Between the line containing "module _ (platform" and the line containing "else unmasked_samples unmasked clients" lies a run of lines; give that run again exactly, with both of those lines, and nothing else from the entries below.

> **DATA RECORDS**:

★ ★ ★ ★ ★

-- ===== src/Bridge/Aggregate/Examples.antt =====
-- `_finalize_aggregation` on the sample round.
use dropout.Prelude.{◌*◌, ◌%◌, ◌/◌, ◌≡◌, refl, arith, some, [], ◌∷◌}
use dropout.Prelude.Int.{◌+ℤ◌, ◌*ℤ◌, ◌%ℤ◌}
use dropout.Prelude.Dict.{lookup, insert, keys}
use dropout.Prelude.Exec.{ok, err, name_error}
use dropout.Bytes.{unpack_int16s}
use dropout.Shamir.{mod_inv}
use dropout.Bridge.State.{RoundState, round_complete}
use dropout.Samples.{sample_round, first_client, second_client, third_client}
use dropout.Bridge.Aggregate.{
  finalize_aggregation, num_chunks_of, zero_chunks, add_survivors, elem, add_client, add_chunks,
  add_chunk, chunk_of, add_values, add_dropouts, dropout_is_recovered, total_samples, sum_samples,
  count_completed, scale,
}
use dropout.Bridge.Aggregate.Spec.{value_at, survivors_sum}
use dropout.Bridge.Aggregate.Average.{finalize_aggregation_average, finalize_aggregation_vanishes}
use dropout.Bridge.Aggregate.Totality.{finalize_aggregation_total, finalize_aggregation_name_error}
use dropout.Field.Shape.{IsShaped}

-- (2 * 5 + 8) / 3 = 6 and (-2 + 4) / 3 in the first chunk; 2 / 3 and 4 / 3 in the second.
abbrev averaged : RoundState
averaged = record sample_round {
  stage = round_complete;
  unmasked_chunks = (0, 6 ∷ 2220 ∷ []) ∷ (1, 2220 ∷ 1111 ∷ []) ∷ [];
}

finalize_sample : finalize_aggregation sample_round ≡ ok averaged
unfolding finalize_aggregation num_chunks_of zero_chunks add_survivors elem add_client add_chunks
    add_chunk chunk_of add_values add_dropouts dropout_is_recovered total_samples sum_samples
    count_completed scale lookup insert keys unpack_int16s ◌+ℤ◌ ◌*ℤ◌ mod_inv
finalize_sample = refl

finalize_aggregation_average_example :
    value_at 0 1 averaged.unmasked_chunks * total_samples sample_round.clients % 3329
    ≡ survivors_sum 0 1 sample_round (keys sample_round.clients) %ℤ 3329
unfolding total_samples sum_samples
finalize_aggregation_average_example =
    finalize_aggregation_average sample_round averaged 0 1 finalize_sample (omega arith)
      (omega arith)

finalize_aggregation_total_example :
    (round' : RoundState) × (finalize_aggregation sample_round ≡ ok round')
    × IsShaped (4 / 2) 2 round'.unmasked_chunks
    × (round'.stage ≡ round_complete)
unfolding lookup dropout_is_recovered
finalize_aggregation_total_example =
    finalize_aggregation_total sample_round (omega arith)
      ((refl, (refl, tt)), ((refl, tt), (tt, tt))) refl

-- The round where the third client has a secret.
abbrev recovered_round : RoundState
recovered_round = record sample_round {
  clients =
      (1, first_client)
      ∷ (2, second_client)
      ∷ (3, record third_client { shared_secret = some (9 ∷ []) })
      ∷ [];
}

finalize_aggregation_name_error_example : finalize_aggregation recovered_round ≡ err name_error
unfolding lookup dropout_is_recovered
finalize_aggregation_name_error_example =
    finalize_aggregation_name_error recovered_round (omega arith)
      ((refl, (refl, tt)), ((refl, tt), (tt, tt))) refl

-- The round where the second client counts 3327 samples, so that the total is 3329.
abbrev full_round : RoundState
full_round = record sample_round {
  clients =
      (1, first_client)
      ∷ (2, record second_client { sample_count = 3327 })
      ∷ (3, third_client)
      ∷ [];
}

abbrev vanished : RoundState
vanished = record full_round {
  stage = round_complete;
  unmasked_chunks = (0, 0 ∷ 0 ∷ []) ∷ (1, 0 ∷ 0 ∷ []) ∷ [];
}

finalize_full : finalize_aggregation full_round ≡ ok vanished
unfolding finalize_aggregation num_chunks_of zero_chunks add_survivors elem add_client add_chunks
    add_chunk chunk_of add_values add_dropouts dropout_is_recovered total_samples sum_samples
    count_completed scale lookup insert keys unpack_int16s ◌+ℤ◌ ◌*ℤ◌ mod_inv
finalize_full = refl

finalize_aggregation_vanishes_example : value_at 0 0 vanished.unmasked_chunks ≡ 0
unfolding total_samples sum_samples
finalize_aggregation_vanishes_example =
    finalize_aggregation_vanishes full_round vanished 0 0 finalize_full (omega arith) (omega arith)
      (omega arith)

★ ★ ★ ★ ★

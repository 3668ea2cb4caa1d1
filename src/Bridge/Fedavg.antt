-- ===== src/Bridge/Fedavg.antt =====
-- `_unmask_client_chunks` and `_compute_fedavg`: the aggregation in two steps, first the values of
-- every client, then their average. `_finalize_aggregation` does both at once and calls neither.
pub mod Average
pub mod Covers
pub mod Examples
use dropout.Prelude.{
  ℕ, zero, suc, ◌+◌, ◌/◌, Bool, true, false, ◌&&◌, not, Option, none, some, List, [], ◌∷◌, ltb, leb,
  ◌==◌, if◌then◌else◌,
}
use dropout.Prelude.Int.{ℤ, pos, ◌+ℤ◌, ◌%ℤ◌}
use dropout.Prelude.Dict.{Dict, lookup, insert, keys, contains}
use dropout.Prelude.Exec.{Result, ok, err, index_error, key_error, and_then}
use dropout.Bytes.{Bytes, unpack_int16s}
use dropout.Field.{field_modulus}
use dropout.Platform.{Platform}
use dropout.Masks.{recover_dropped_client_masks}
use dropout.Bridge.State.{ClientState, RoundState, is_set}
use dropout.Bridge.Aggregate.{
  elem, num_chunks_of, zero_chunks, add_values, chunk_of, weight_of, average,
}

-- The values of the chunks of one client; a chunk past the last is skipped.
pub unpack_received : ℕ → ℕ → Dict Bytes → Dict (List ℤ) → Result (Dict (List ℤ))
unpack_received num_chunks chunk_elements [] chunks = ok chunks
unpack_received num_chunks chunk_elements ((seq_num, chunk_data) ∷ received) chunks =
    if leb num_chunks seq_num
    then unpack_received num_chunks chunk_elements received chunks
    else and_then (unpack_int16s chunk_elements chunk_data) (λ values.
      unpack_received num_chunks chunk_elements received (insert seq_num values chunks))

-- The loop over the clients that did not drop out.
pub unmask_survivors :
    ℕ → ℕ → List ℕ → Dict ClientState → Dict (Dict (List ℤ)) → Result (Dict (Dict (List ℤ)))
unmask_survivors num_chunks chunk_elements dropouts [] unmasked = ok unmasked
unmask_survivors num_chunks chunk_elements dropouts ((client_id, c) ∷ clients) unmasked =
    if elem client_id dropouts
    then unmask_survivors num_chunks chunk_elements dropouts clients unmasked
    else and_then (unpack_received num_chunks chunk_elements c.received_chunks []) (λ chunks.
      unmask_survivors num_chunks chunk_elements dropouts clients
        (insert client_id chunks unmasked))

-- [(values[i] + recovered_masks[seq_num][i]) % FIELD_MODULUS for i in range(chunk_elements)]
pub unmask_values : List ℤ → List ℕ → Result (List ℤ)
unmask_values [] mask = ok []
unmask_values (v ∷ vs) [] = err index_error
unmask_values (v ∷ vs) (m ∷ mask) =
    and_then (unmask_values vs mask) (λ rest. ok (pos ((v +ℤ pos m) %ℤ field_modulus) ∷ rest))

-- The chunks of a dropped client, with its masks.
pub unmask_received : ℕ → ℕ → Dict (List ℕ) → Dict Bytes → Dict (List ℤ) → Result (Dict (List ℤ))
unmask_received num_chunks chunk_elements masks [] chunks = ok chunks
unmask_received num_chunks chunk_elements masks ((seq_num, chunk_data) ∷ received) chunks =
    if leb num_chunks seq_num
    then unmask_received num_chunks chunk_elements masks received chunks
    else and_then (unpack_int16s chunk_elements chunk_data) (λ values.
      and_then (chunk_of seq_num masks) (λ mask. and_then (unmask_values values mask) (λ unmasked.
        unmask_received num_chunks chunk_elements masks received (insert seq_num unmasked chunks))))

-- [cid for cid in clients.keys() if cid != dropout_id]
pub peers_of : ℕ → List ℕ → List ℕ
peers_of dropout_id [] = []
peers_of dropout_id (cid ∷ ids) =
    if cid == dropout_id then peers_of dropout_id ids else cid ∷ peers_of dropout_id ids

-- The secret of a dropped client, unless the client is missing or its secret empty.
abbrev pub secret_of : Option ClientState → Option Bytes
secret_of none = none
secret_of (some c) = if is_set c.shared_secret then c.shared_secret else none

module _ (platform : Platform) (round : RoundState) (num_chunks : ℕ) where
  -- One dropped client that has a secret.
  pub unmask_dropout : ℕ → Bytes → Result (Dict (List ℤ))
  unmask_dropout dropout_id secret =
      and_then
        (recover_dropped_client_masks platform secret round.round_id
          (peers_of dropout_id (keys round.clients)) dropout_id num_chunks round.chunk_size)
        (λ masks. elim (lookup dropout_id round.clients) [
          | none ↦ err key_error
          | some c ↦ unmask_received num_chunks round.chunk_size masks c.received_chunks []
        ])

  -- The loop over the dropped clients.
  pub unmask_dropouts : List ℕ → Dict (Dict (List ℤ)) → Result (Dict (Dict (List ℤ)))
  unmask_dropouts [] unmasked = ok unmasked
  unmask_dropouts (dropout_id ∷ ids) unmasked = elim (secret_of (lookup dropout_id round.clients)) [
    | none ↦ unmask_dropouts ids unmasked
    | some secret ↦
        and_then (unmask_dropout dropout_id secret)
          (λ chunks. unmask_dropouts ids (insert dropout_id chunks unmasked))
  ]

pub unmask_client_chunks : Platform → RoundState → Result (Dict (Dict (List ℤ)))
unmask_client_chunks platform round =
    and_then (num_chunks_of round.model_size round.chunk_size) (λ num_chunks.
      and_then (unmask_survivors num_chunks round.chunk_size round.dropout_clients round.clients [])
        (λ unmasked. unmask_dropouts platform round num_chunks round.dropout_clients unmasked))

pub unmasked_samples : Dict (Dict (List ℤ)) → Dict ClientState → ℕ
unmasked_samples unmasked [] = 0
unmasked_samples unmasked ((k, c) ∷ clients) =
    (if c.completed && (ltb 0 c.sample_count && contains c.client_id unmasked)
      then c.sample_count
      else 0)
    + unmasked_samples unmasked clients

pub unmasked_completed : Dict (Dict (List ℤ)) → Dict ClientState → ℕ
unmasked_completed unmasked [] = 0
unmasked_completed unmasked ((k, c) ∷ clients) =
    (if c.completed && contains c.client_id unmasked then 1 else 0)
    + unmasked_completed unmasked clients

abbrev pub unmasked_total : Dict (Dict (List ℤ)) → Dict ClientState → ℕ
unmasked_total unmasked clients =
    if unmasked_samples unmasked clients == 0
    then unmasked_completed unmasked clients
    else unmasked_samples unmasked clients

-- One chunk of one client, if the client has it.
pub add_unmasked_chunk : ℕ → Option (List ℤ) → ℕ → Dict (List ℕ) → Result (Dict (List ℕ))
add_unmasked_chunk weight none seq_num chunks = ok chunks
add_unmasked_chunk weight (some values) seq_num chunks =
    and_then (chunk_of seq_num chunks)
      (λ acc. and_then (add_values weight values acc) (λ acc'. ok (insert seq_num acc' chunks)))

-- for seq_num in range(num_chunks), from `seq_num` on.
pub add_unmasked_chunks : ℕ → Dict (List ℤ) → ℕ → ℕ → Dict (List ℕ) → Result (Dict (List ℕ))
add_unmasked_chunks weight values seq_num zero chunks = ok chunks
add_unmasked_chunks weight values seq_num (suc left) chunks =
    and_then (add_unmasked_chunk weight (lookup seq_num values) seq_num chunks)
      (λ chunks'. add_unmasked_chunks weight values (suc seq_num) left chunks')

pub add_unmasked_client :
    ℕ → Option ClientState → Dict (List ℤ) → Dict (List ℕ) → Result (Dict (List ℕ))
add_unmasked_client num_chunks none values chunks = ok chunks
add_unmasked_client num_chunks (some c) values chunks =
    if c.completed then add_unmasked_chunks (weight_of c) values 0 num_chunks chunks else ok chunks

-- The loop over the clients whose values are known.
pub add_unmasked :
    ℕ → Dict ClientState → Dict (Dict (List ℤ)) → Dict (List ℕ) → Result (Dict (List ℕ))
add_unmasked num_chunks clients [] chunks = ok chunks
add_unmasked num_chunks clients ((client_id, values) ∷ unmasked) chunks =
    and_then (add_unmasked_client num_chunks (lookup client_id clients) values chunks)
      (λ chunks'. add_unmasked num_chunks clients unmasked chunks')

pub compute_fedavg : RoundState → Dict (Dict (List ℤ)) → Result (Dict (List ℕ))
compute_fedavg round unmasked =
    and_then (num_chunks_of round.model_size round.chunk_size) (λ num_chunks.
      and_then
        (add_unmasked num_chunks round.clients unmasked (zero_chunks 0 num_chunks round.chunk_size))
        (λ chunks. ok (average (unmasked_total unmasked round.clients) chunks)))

★ ★ ★ ★ ★

> **OUTPUT**:
module _ (platform : Platform) (round : RoundState) (num_chunks : ℕ) where
  -- One dropped client that has a secret.
  pub unmask_dropout : ℕ → Bytes → Result (Dict (List ℤ))
  unmask_dropout dropout_id secret =
      and_then
        (recover_dropped_client_masks platform secret round.round_id
          (peers_of dropout_id (keys round.clients)) dropout_id num_chunks round.chunk_size)
        (λ masks. elim (lookup dropout_id round.clients) [
          | none ↦ err key_error
          | some c ↦ unmask_received num_chunks round.chunk_size masks c.received_chunks []
        ])

  -- The loop over the dropped clients.
  pub unmask_dropouts : List ℕ → Dict (Dict (List ℤ)) → Result (Dict (Dict (List ℤ)))
  unmask_dropouts [] unmasked = ok unmasked
  unmask_dropouts (dropout_id ∷ ids) unmasked = elim (secret_of (lookup dropout_id round.clients)) [
    | none ↦ unmask_dropouts ids unmasked
    | some secret ↦
        and_then (unmask_dropout dropout_id secret)
          (λ chunks. unmask_dropouts ids (insert dropout_id chunks unmasked))
  ]

pub unmask_client_chunks : Platform → RoundState → Result (Dict (Dict (List ℤ)))
unmask_client_chunks platform round =
    and_then (num_chunks_of round.model_size round.chunk_size) (λ num_chunks.
      and_then (unmask_survivors num_chunks round.chunk_size round.dropout_clients round.clients [])
        (λ unmasked. unmask_dropouts platform round num_chunks round.dropout_clients unmasked))

pub unmasked_samples : Dict (Dict (List ℤ)) → Dict ClientState → ℕ
unmasked_samples unmasked [] = 0
unmasked_samples unmasked ((k, c) ∷ clients) =
    (if c.completed && (ltb 0 c.sample_count && contains c.client_id unmasked)
      then c.sample_count
      else 0)
    + unmasked_samples unmasked clients

pub unmasked_completed : Dict (Dict (List ℤ)) → Dict ClientState → ℕ
unmasked_completed unmasked [] = 0
unmasked_completed unmasked ((k, c) ∷ clients) =
    (if c.completed && contains c.client_id unmasked then 1 else 0)
    + unmasked_completed unmasked clients

abbrev pub unmasked_total : Dict (Dict (List ℤ)) → Dict ClientState → ℕ
unmasked_total unmasked clients =
    if unmasked_samples unmasked clients == 0
    then unmasked_completed unmasked clients
    else unmasked_samples unmasked clients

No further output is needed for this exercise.